Facciamo un passo indietro. L’area tra l’Anfiteatro Flavio e via Celio Vibenna è stata riaperta solo parzialmente, dopo un intervento che ha previsto la rimozione della pavimentazione storica in cubetti di basalto per consentire scavi archeologici. Una volta conclusa questa fase, lo spazio è stato ricoperto con lastre di travertino, materiale coerente con quello originariamente utilizzato per il rivestimento del Colosseo in età romana. Ed è proprio qui che si concentra il cuore della discussione.

Le critiche: «Un falso storico»

Per molti, la nuova pavimentazione rappresenta uno stravolgimento, non solo per l’impatto estetico – più chiaro, uniforme, quasi “piazza contemporanea” – ma per la scelta di ricoprire parte delle tracce emerse durante gli scavi. In una porzione degli ambulacri sono ancora visibili gettate di calce e frammenti dell’antico travertino, ma secondo alcuni critici si sarebbe dovuto lasciare maggiore spazio alla lettura archeologica dell’area.
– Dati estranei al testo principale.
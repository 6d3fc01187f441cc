-- ===== src/Record/Delivery.antt =====
-- From `tm_send_record` in the client through `process_record` in the probe daemon to
-- `read_record` in the post daemon.
use mathlib.Core.List.{append_assoc}
use telemetrics_client.Base.{
  ℕ, ◌+◌, ◌-◌, ◌<◌, ◌≤◌, ◌^◌, ◌%◌, ◌≡◌, ◌∙◌, refl, ap, true, false, List, [], ◌∷◌, ◌++◌, Option,
  some, none, ◌==◌, length, length-append, drop, leb, arith, Bool-cases, inl, inr,
}
use telemetrics_client.Base.Bytes.{
  Bytes, codes, Lacks, Lacks-append, is_prefix-append, equal, equal→eq,
}
use telemetrics_client.Base.Run.{done, ◌>>=◌}
use telemetrics_client.Common.{header_names, cfg_prefix, cfg_prefix_length, record_size_len}
use telemetrics_client.Record.{le32, read_u32, cfg_prefix_32bit}
use telemetrics_client.Record.Lines.{IsHeader, AreHeaders}
use telemetrics_client.Record.Probd.{
  c_string_in, stage_headers, stage_record, process_rest, process_record, body_at, replace_header,
  machine_id_name,
}
use telemetrics_client.Record.RoundTrip.{IsConfig, read_record-stage_record}
use telemetrics_client.Record.Staged.{read_record}
use telemetrics_client.Record.Tokens.{
  read_u32-le32, c_string_in-nul, strndup_in-append, drop-append, Lacks-stage_headers,
  tokens_from-stage_headers, replace_headers, take_headers-named, AreNames,
}
use telemetrics_client.Record.Wire.{TelemRecord, concat, cfg_field, record_size, packet}
use telemetrics_client.Record.Packets.{
  concat-header_lines, IsSound, tail_of, packet-IsSound, length-tail_of,
}

header_names-AreNames : AreNames header_names
unfolding header_names
header_names-AreNames = ground arith

body_at-tail :
    (s payload : Bytes)
    → Lacks 0 payload
    → body_at (length s) (s ++ (payload ++ 0 ∷ [])) ≡ done payload
unfolding body_at
body_at-tail s payload l =
    let inside : leb (length s) (length (s ++ (payload ++ 0 ∷ []))) ≡ true =
      ground (arith, length-append s (payload ++ 0 ∷ [])) in
    rw (inside, drop-append s (payload ++ 0 ∷ [])) (c_string_in-nul payload [] l)

-- The buffer from the header size on.
pub process_rest-tail_of :
    (r : TelemRecord) (hs : List Bytes) (id : Bytes) (cfg : Option Bytes) (size cfg_info_size : ℕ)
    → IsSound r hs
    → length (tail_of r hs) < 2 ^ 24
    → size ≡ cfg_info_size + length (tail_of r hs)
    → process_rest id size cfg_info_size cfg (tail_of r hs)
      ≡ done (some (stage_record (replace_headers id header_names hs) r.payload cfg))
unfolding process_rest
process_rest-tail_of r hs id cfg size cfg_info_size s small e =
    let block = stage_headers hs in
    let msg = block ++ (r.payload ++ 0 ∷ []) in
    let texts : concat r.headers ≡ block = ap concat s.lines ∙ concat-header_lines hs in
    let n : r.header_size ≡ length block = s.header_size ∙ ap length texts in
    let whole = length-tail_of r hs in
    let read : read_u32 (tail_of r hs) ≡ done (length block) =
      unfold tail_of in rw n (read_u32-le32 (length block) msg (omega arith)) in
    let rest : drop 4 (tail_of r hs) ≡ msg = unfold tail_of le32 in refl in
    let some_left : ((size + 2 ^ 64 - (cfg_info_size + length block)) % 2 ^ 64 == 0) ≡ false =
      ground arith in
    rw (read, ◌>>=◌, rest, some_left)
      (rw
        (strndup_in-append block (r.payload ++ 0 ∷ [])
          (Lacks-stage_headers header_names hs s.named))
        (rw
          (
            tokens_from-stage_headers header_names hs header_names-AreNames s.named,
            take_headers-named id header_names hs s.named,
          )
          (rw (body_at-tail block r.payload s.payload_text))))

-- A buffer that starts with the header size.
process_record-plain :
    (r : TelemRecord) (hs : List Bytes) (id : Bytes)
    → IsSound r hs
    → length (tail_of r hs) < 2 ^ 24
    → r.header_size < 2 ^ 24
    → process_record id (tail_of r hs)
      ≡ done (some (stage_record (replace_headers id header_names hs) r.payload none))
unfolding process_record
process_record-plain r hs id s small n =
    let read : read_u32 (tail_of r hs) ≡ done r.header_size =
      unfold tail_of in read_u32-le32 r.header_size _ (omega arith) in
    let plain : (r.header_size == cfg_prefix_32bit) ≡ false = ground arith in
    rw (read, ◌>>=◌, plain)
      (process_rest-tail_of r hs id none (length (tail_of r hs)) 0 s small (omega arith))

-- A buffer that starts with a configuration path.
process_record-config :
    (r : TelemRecord) (hs : List Bytes) (id path : Bytes)
    → IsSound r hs
    → Lacks 0 path
    → length (tail_of r hs) < 2 ^ 24
    → process_record id (cfg_field (some path) ++ tail_of r hs)
      ≡ done (some (stage_record (replace_headers id header_names hs) r.payload (some path)))
unfolding process_record cfg_field read_u32
process_record-config r hs id path s l small =
    let rest = tail_of r hs in
    let split : (path ++ 0 ∷ []) ++ rest ≡ path ++ 0 ∷ rest = append_assoc path (0 ∷ []) rest in
    let field = cfg_prefix ++ (path ++ 0 ∷ []) in
    let size : cfg_prefix_length + length path + 1 ≡ length field =
      omega (arith, length-append path (0 ∷ [])) in
    rw (ap c_string_in split ∙ c_string_in-nul path rest l) (
      rw (size, drop-append field rest)
        (process_rest-tail_of r hs id (some path) _ (length field) s small
          (length-append field rest)))

sizes-tail_of :
    (r : TelemRecord) (hs : List Bytes) (cfg : Option Bytes)
    → IsSound r hs
    → record_size r cfg < 2 ^ 24
    → (length (tail_of r hs) < 2 ^ 24) × (r.header_size < 2 ^ 24)
unfolding record_size
sizes-tail_of r hs cfg s small =
    let texts : concat r.headers ≡ stage_headers hs = ap concat s.lines ∙ concat-header_lines hs in
    omega (arith, length-tail_of r hs, s.header_size, ap length texts, s.payload_size)

-- What the daemon makes of the packet of a sound record: it stages the record's headers, with the
-- machine id replaced, its payload and its configuration file.
pub process_record-packet :
    (r : TelemRecord) (hs : List Bytes) (cfg : Option Bytes) (id : Bytes)
    → IsSound r hs
    → IsConfig cfg
    → record_size r cfg < 2 ^ 24
    → (packet r cfg >>= λ buf. process_record id (drop record_size_len buf))
      ≡ done (some (stage_record (replace_headers id header_names hs) r.payload cfg))
process_record-packet r hs none id s c small =
    let sizes = sizes-tail_of r hs none s small in
    rw (packet-IsSound r hs none s)
      (unfold le32 cfg_field in process_record-plain r hs id s sizes.0 sizes.1)
process_record-packet r hs (some path) id s c small =
    let sizes = sizes-tail_of r hs (some path) s small in
    rw (packet-IsSound r hs (some path) s)
      (unfold le32 in process_record-config r hs id path s c.no_nul sizes.0)

-- A machine id as the daemon puts it: 32 characters at most, on one line.
pub record IsId (id : Bytes) : Type 0 where
  pub no_newline : Lacks b'\n' id
  pub no_nul : Lacks 0 id
  pub short : length id ≤ 32

replace_header-IsHeader :
    (id name h : Bytes) → IsId id → IsHeader name h → IsHeader name (replace_header id name h)
unfolding replace_header machine_id_name
replace_header-IsHeader id name h i a = elim (Bool-cases (equal name machine_id_name)) [
  | inr other ↦ rw other a
  | inl same ↦
      rw (same, equal→eq name machine_id_name same)
        (record {
          named = is_prefix-append machine_id_name _;
          line =
              unfold machine_id_name in
              record {
                no_newline =
                    Lacks-append b'\n' (codes "machine_id: ") id (omega arith) i.no_newline;
                no_nul = Lacks-append 0 (codes "machine_id: ") id (omega arith) i.no_nul;
                fits = omega (arith, i.short);
              };
        })
]

pub replace_headers-AreHeaders :
    (id : Bytes) (names hs : List Bytes)
    → IsId id
    → AreHeaders names hs
    → AreHeaders names (replace_headers id names hs)
unfolding replace_headers
replace_headers-AreHeaders id [] [] i a = tt
replace_headers-AreHeaders id [] (h ∷ hs) i a = absurd a
replace_headers-AreHeaders id (name ∷ names) [] i a = absurd a
replace_headers-AreHeaders id (name ∷ names) (h ∷ hs) i a =
    (replace_header-IsHeader id name h i a.0, replace_headers-AreHeaders id names hs i a.1)

-- A sound record of less than 16 MiB, with a configuration path, if any, that fits on a line, and a
-- machine id of at most 32 bytes on one line, goes through: the probe daemon stages the client's
-- packet, and the post daemon reads from the staged file the same headers, but for the machine id,
-- the same configuration file, and the payload with a newline behind it.
pub delivery :
    (r : TelemRecord) (hs : List Bytes) (cfg : Option Bytes) (id : Bytes)
    → IsSound r hs
    → IsConfig cfg
    → IsId id
    → record_size r cfg < 2 ^ 24
    → (file : Bytes) × ((packet r cfg >>= λ buf. process_record id (drop record_size_len buf))
        ≡ done (some file))
      × (read_record (some file)
          ≡ some (record {
            headers = replace_headers id header_names hs;
            body = r.payload ++ b'\n' ∷ [];
            cfg_file = cfg;
          }))
delivery r hs cfg id s c i small = (
  stage_record (replace_headers id header_names hs) r.payload cfg,
  process_record-packet r hs cfg id s c small,
  read_record-stage_record _ r.payload cfg (replace_headers-AreHeaders id header_names hs i s.named)
      s.payload_text c,
)
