-- ===== src/ProbeDaemon/MachineId.antt =====
-- src/telemdaemon.c: the machine id, its override and its expiry. A file is its bytes, or none when
-- it does not open.
use telemetrics_client.Base.{
  ℕ, ◌*◌, ◌+◌, ◌≤◌, inl, inr, [], ◌∷◌, Option, none, some, ltb, ◌==◌, if◌then◌else◌, length, take,
  take_shortens, arith, Bool-cases,
}
use telemetrics_client.Base.Bytes.{
  Bytes, Lacks, Lacks-take, Lacks-c_string, c_string, c_string_ends, length-c_string,
}
use telemetrics_client.Base.Int.{ℤ, pos, negsuc}
use telemetrics_client.Client.Values.{skip_spaces, take_word}
use telemetrics_client.Record.Delivery.{IsId}
use telemetrics_client.Record.Payload.{is_space}
use telemetrics_client.Record.Probd.{machine_id}
use telemetrics_client.Record.Staged.{chomp}

-- fread of 32 bytes into a zeroed buffer of 33, cut at the first newline.
unfoldable pub read_machine_id_override : Option Bytes → Option Bytes
read_machine_id_override none = none
read_machine_id_override (some []) = none
read_machine_id_override (some (c ∷ cs)) = some (c_string (chomp (take 32 (c ∷ cs))))

unfoldable pub found_id : Bytes → Option Bytes
found_id [] = none
found_id (c ∷ cs) = some (c_string (c ∷ cs))

-- fscanf with "%32s"; none is the result false.
unfoldable pub get_machine_id : Option Bytes → Option Bytes
unfolding found_id skip_spaces take_word
get_machine_id none = none
get_machine_id (some file) = found_id (take 32 (take_word (skip_spaces file)))

-- The status, and the new contents of the file. It does not open, or the write fails, or neither.
pub data IdFile : Type 0 where
  closed : IdFile
  broken_write : IdFile
  writable : IdFile

unfoldable pub machine_id_write : IdFile → Bytes → ℤ × Option Bytes
machine_id_write closed new_id = (negsuc 0, none)
machine_id_write broken_write new_id = (negsuc 0, some [])
machine_id_write writable new_id = (pos 0, some new_id)

-- `random_id` is what get_random_id gives.
unfoldable pub generate_machine_id : Option Bytes → IdFile → ℤ × Option Bytes
unfolding machine_id_write
generate_machine_id none file = (negsuc 0, none)
generate_machine_id (some new_id) file = machine_id_write file new_id

-- stat of the file, with its time of modification.
pub data IdStat : Type 0 where
  absent : IdStat
  stat_fails : IdStat
  modified : ℕ → IdStat

abbrev pub tm_machine_id_expiry : ℕ
tm_machine_id_expiry = 3 * 24 * 60 * 60

unfoldable pub update_machine_id : IdStat → ℕ → Option Bytes → IdFile → ℤ × Option Bytes
unfolding generate_machine_id
update_machine_id absent now random_id file = generate_machine_id random_id file
update_machine_id stat_fails now random_id file = (negsuc 0, none)
update_machine_id (modified mtime) now random_id file =
    if ltb (mtime + tm_machine_id_expiry) now
    then generate_machine_id random_id file
    else (pos 0, none)

chomp_line : (s : Bytes) → Lacks b'\n' (chomp s) × (length (chomp s) ≤ length s)
unfolding chomp
chomp_line [] = (tt, omega arith)
chomp_line (c ∷ cs) =
    let (line, shorter) = chomp_line cs in
    elim (Bool-cases (c == b'\n')) [
      | inl ends ↦ rw ends (tt, omega arith)
      | inr goes_on ↦ rw goes_on ((ground (arith, goes_on), line), omega (arith, shorter))
    ]

take_word_line : (s : Bytes) → Lacks b'\n' (take_word s)
unfolding take_word is_space
take_word_line [] = tt
take_word_line (c ∷ cs) = elim (Bool-cases (is_space c)) [
  | inl space ↦ rw space tt
  | inr solid ↦ rw solid (ground (arith, solid), take_word_line cs)
]

text-IsId : (s : Bytes) → Lacks b'\n' s → length s ≤ 32 → IsId (c_string s)
text-IsId s line short = record {
  no_newline = Lacks-c_string b'\n' s line;
  no_nul = c_string_ends s;
  short = omega (arith, length-c_string s, short);
}

take-IsId : (s : Bytes) → IsId s → IsId (take 32 s)
take-IsId s i = record {
  no_newline = Lacks-take b'\n' 32 s i.no_newline;
  no_nul = Lacks-take 0 32 s i.no_nul;
  short = omega (arith, take_shortens 32 s);
}

found_id-IsId : (s : Bytes) → Lacks b'\n' s → length s ≤ 32 → IsId (machine_id none (found_id s))
unfolding found_id machine_id
found_id-IsId [] line short = omega arith
found_id-IsId (c ∷ cs) line short = text-IsId (c ∷ cs) line short

get_machine_id-IsId : (stored : Option Bytes) → IsId (machine_id none (get_machine_id stored))
unfolding get_machine_id machine_id
get_machine_id-IsId none = omega arith
get_machine_id-IsId (some file) =
    let word = take_word (skip_spaces file) in
    found_id-IsId (take 32 word) (Lacks-take b'\n' 32 word (take_word_line (skip_spaces file)))
      (omega (arith, take_shortens 32 word))

-- The id that the daemon puts into a record is at most 32 bytes on one line, whatever the two files
-- hold.
pub machine_id-IsId :
    (override stored : Option Bytes)
    → IsId (machine_id (read_machine_id_override override) (get_machine_id stored))
unfolding read_machine_id_override machine_id
machine_id-IsId none stored = get_machine_id-IsId stored
machine_id-IsId (some []) stored = get_machine_id-IsId stored
machine_id-IsId (some (c ∷ cs)) stored =
    let (line, shorter) = chomp_line (take 32 (c ∷ cs)) in
    take-IsId _ (
      text-IsId (chomp (take 32 (c ∷ cs))) line (omega (arith, shorter, take_shortens 32 (c ∷ cs))))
Tra le voci più nette, quella del professore di Restauro architettonico dell’Università Roma Tre, Michele Zampilli, che in un’intervista ha definito l’intervento «molto brutto, oltre che inutile», sostenendo che così com’è non favorisce la valorizzazione storica del monumento. Sui social, intanto, c’è chi parla apertamente di “falso storico”, contestando l’idea di ricostruire una superficie uniforme laddove sarebbe stato più opportuno lasciare a vista le stratificazioni emerse. Alcuni cittadini ipotizzano perfino iniziative formali, come accessi agli atti o ricorsi amministrativi, sostenendo che l’area rientri in una fascia di rispetto che dovrebbe limitarne le trasformazioni.
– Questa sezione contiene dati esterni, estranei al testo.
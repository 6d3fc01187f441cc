-- ===== src/ProbeDaemon.antt =====
-- The probe daemon: src/telemdaemon.c keeps the descriptors and the clients and receives their
-- records (Receive), src/probe.c waits for them and serves them (Loop). Allocation succeeds.
pub mod Receive
pub mod Loop
pub mod Counts
pub mod Serving
pub mod Handling
pub mod Turns
pub mod Passes
pub mod Signals
pub mod Main
pub mod Rounds
pub mod Moves
pub mod Refinement
pub mod MachineId
pub mod Identity
pub mod Streams
pub mod EndToEnd
use telemetrics_client.Base.{
  ℕ, zero, suc, ◌+◌, ◌*◌, Bool, true, false, List, [], ◌∷◌, ◌++◌, Option, none, some, ltb, leb,
  ◌==◌, if◌then◌else◌, length,
}
use telemetrics_client.Base.Bytes.{Bytes}
use telemetrics_client.Base.Run.{Run, done, exit, fault}
use telemetrics_client.Util.{reallocate}

-- struct pollfd; `revents` is that some event was reported.
pub record Polled : Type 0 where
  pub fd : ℕ
  pub revents : Bool

-- `nfds` is the length of `pollfds`, and a `current_alloc` of 0 is a null `pollfds`. A client is given
-- by its descriptor: its buffer lives during one handle_client. `staged` are the files that were
-- staged, the newest first. `last_record_received` is the variable of main.
pub record TelemDaemon : Type 0 where
  pub pollfds : List Polled
  pub current_alloc : ℕ
  pub clients : List ℕ
  pub machine_id_override : Option Bytes
  pub staged : List Bytes
  pub last_record_received : ℕ

unfoldable pub initialize_probe_daemon : TelemDaemon
initialize_probe_daemon = record {
  pollfds = [];
  current_alloc = 0;
  clients = [];
  machine_id_override = none;
  staged = [];
  last_record_received = 0;
}

-- LIST_INSERT_HEAD
unfoldable pub add_client : ℕ → TelemDaemon → TelemDaemon
add_client fd daemon = record daemon { clients = fd ∷ daemon.clients }

-- The list or the array without its entry at this place.
abbrev pub remove_at {ℓ} : {A : Type ℓ} → ℕ → List A → List A
remove_at i [] = []
remove_at zero (x ∷ xs) = xs
remove_at (suc i) (x ∷ xs) = x ∷ remove_at i xs

-- LIST_REMOVE of the client at this place of the list.
unfoldable pub remove_client : ℕ → TelemDaemon → TelemDaemon
remove_client place daemon = record daemon { clients = remove_at place daemon.clients }

unfoldable pub is_client_list_empty : TelemDaemon → Bool
is_client_list_empty daemon = length daemon.clients == 0

-- sizeof(struct pollfd)
abbrev pub pollfd_size : ℕ
pollfd_size = 8

-- The room in bytes before the new entry is written.
unfoldable pub pollfds_room : TelemDaemon → ℕ
pollfds_room daemon =
    if daemon.current_alloc == 0
    then pollfd_size
    else reallocate daemon.current_alloc ((length daemon.pollfds + 1) * pollfd_size)

unfoldable pub add_pollfd : ℕ → TelemDaemon → Run TelemDaemon
unfolding pollfds_room
add_pollfd fd daemon =
    if leb ((length daemon.pollfds + 1) * pollfd_size) (pollfds_room daemon)
    then done (record daemon {
      pollfds = daemon.pollfds ++ record { fd = fd; revents = false } ∷ [];
      current_alloc = pollfds_room daemon;
    })
    else fault

unfoldable pub del_pollfd : ℕ → TelemDaemon → Run TelemDaemon
del_pollfd i daemon =
    if ltb i (length daemon.pollfds)
    then done (record daemon { pollfds = remove_at i daemon.pollfds })
    else exit

-- LIST_FOREACH leaves in `current_client` the last client with the descriptor.
unfoldable pub find_client : ℕ → List ℕ → Option ℕ
find_client fd [] = none
find_client fd (c ∷ cs) = elim (find_client fd cs) [
  | some place ↦ some (suc place)
  | none ↦ if c == fd then some 0 else none
]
A far discutere sono anche i blocchi di travertino che emergono dalla nuova superficie, collocati in corrispondenza degli antichi pilastri crollati nei secoli. Nelle intenzioni del Parco Archeologico avrebbero potuto accogliere reperti o contribuire alla narrazione dell’area; nei primi giorni di apertura, però, sono stati utilizzati dai visitatori come semplici sedute. Per alcuni, un segnale che l’intervento sia più funzionale alla gestione dei flussi turistici che alla valorizzazione culturale. C’è poi un timore più pratico: con l’enorme afflusso quotidiano di turisti, il travertino – materiale poroso e chiaro – rischia di sporcarsi rapidamente, alterando l’effetto visivo complessivo.
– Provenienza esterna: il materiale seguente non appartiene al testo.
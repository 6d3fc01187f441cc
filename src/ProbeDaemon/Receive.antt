-- ===== src/ProbeDaemon/Receive.antt =====
-- src/telemdaemon.c: `handle_client`. What is left to receive from a client is the list of what its
-- socket gives to one `recv` after the other.
use telemetrics_client.Base.{
  ℕ, ◌+◌, ◌-◌, ◌*◌, Bool, true, false, ◌||◌, List, [], ◌∷◌, ◌++◌, Option, none, some, ltb, leb,
  if◌then◌else◌, length, take, drop,
}
use telemetrics_client.Base.Bytes.{Bytes}
use telemetrics_client.Base.Run.{Run, done, ◌>>=◌}
use telemetrics_client.Common.{
  record_size_len, cfg_prefix_length, max_payload_length, num_headers, path_max,
}
use telemetrics_client.ProbeDaemon.{TelemDaemon, remove_client, del_pollfd}
use telemetrics_client.Record.{read_u32}
use telemetrics_client.Record.Probd.{process_record, machine_id}

-- Bytes have arrived, or recv fails; at the end of the list the client has closed the connection.
pub data Received : Type 0 where
  arrives : ℕ → Bytes → Received
  broken : Received

abbrev pub max_record_size : ℕ
max_record_size = 2 * 4 + cfg_prefix_length + path_max + max_payload_length + num_headers * 80

-- What a recv leaves of the bytes that have arrived.
unfoldable pub put_back : Bytes → List Received → List Received
put_back [] stream = stream
put_back (c ∷ cs) stream = arrives c cs ∷ stream

-- The peek, and the recv of the record size behind it. With less than four bytes the size is not
-- determined.
unfoldable pub receive_size : List Received → Run (Option (ℕ × List Received))
unfolding put_back
receive_size [] = done none
receive_size (broken ∷ stream) = done none
receive_size (arrives c cs ∷ stream) =
    read_u32 (take record_size_len (c ∷ cs))
    >>= (λ size. done (some (size, put_back (drop record_size_len (c ∷ cs)) stream)))

-- The loop of recv until `size` more bytes are there; none is an error or an early end.
unfoldable pub receive_body : ℕ → List Received → Option Bytes
receive_body size [] = none
receive_body size (broken ∷ stream) = none
receive_body size (arrives c cs ∷ stream) =
    let more = receive_body (size - length (c ∷ cs)) stream in
    if leb size (length (c ∷ cs))
    then some (take size (c ∷ cs))
    else (elim more [ none ↦ none | some rest ↦ some ((c ∷ cs) ++ rest) ])

unfoldable pub process_body : Bytes → Option Bytes → Run (Bool × Option Bytes)
process_body id none = done (false, none)
process_body id (some buf) = process_record id buf >>= (λ file. done (true, file))

unfoldable pub process_sized : Bytes → Option (ℕ × List Received) → Run (Bool × Option Bytes)
unfolding process_body receive_body
process_sized id none = done (false, none)
process_sized id (some (record_size, stream)) =
    if leb record_size record_size_len || ltb max_record_size record_size
    then done (false, none)
    else process_body id (receive_body (record_size - record_size_len) stream)

-- Up to `end_client`: whether a record was processed, and the file that it was staged in.
unfoldable pub receive_record : Bytes → List Received → Run (Bool × Option Bytes)
unfolding process_sized receive_size
receive_record id stream = receive_size stream >>= process_sized id

unfoldable pub terminate_client : ℕ → ℕ → TelemDaemon → Run TelemDaemon
terminate_client index place daemon =
    del_pollfd index daemon >>= (λ d. done (remove_client place d))

unfoldable pub stage_file : Option Bytes → TelemDaemon → TelemDaemon
stage_file none daemon = daemon
stage_file (some file) daemon = record daemon { staged = file ∷ daemon.staged }

-- `stored_id` is what get_machine_id finds.
unfoldable pub handle_client :
    Option Bytes → ℕ → ℕ → List Received → TelemDaemon → Run (Bool × TelemDaemon)
unfolding stage_file terminate_client receive_record
handle_client stored_id index place stream daemon =
    receive_record (machine_id daemon.machine_id_override stored_id) stream
    >>= (λ (processed, file).
        terminate_client index place (stage_file file daemon) >>= (λ d. done (processed, d)))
Le ragioni di chi difende il progetto

Sul fronte opposto, non mancano le voci a sostegno della scelta progettuale. Il primo argomento è storico: quando fu costruito il Colosseo, i sampietrini non esistevano. Il travertino, invece, è il materiale identitario del monumento. In questa prospettiva, la nuova pavimentazione sarebbe più coerente con la natura originaria del luogo rispetto alla copertura novecentesca in basalto.

C’è poi una questione funzionale. L’area in questione è uno dei principali snodi di accesso al Colosseo e al Parco archeologico, quindi una superficie più regolare e continua faciliterebbe la circolazione dei visitatori, migliorando sicurezza e accessibilità. L’intervento, dunque, non sarebbe una semplice operazione estetica, ma parte di una più ampia strategia di gestione degli spazi. Alcuni osservano inoltre che il travertino, grazie alla sua colorazione chiara e riflettente, potrebbe contribuire a mitigare l’effetto “isola di calore” durante i mesi estivi, un tema sempre più centrale nella progettazione urbana contemporanea.

In realtà, il clamore dice molto più della pavimentazione in sé: ogni intervento sul Colosseo, monumento-simbolo per eccellenza, tocca corde profonde dell’identità collettiva. In questi casi, quindi, la questione di fondo resta la stessa, ovvero se sia meglio conservare ogni traccia del passato così com’è giunta fino a noi, o intervenire per restituire un’immagine più coerente con l’antico, pur accettando una quota di ricostruzione.